Presents AGENDA (A GENeral testbed for Distributed AI Applications), a simulation tool developed for the simulation and design of applications involving interacting entities. This testbed consists of two different levels, the architecture level and the system development level. The architecture level describes a methodology for designing software agents by providing several important functionalities an agent should have. On the other hand, the system development level provides the basic knowledge representation formalism, general inference mechanisms, and a simulation tool-box supporting visualization and monitoring of agents.
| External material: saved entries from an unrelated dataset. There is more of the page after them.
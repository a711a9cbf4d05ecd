-- ===== src/Outside.antt =====
-- What the program uses of code that is not in the repository, or of tables too large to write out:
-- floating point, Unicode letter case beyond ASCII, and the parsers of addresses, UUIDs and
-- encryption keys. It is a parameter of every definition that uses it.
use cff_core.Base.{ℕ, ℤ, String, Bool, List, Option, Char}
use cff_core.Value.{Value}

-- A parsed `netip.Addr`.
pub record Addr : Type 0 where
  pub text : String
  pub is_loopback : Bool
  pub is_unspecified : Bool

pub record Outside : Type 0 where
  -- `int(f)` and `strconv.FormatFloat(f, 'f', -1, 64)`, at the 64 bits of `f`
  pub float_int : ℕ → ℤ
  pub float_text : ℕ → String
  -- `unicode.ToUpper` and `unicode.ToLower`, used beyond ASCII only
  pub upper : Char → Char
  pub lower : Char → Char
  -- `netip.ParseAddr`
  pub parse_addr : String → Option Addr
  -- `net.SplitHostPort`
  pub split_host_port : String → Option (String × String)
  -- `net.ParseCIDR`: the network's text, and whether 198.18.0.0/15 contains its address
  pub parse_cidr : String → Option (String × Bool)
  -- `uuid.FromString`: whether it succeeds
  pub is_uuid : String → Bool
  -- `base64.StdEncoding.DecodeString`, and `pem.EncodeToMemory` of a block of type "ECH CONFIGS"
  pub base64_decode : String → Option (List ℕ)
  pub ech_pem : List ℕ → Option String
  -- `fmt.Sprintf("%v", v)`
  pub format_value : Value → String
Following this, the applicability of AGENDA to the transportation domain is presented in detail. The main challenge of AGENDA in the context of this domain has been to provide different cooperation-scalable methods based on negotiation, leading to different scheduling mechanisms, and to experimentally evaluate these mechanisms. This evaluation shows that: (1) AGENDA is suitable for realistic application in the transportation domain; (2) the mechanisms used for vertical negotiation (between trucks considered as agents) and for horizontal negotiation (between companies considered as agents) are applicable for the real-world transportation domain applications. Finally, a complete study of the scalability of the simulation tool and the algorithms used for the negotiation is presented. This study, along with the evaluation of the different mechanisms, can help designers of transportation companies, particularly in the case of large companies.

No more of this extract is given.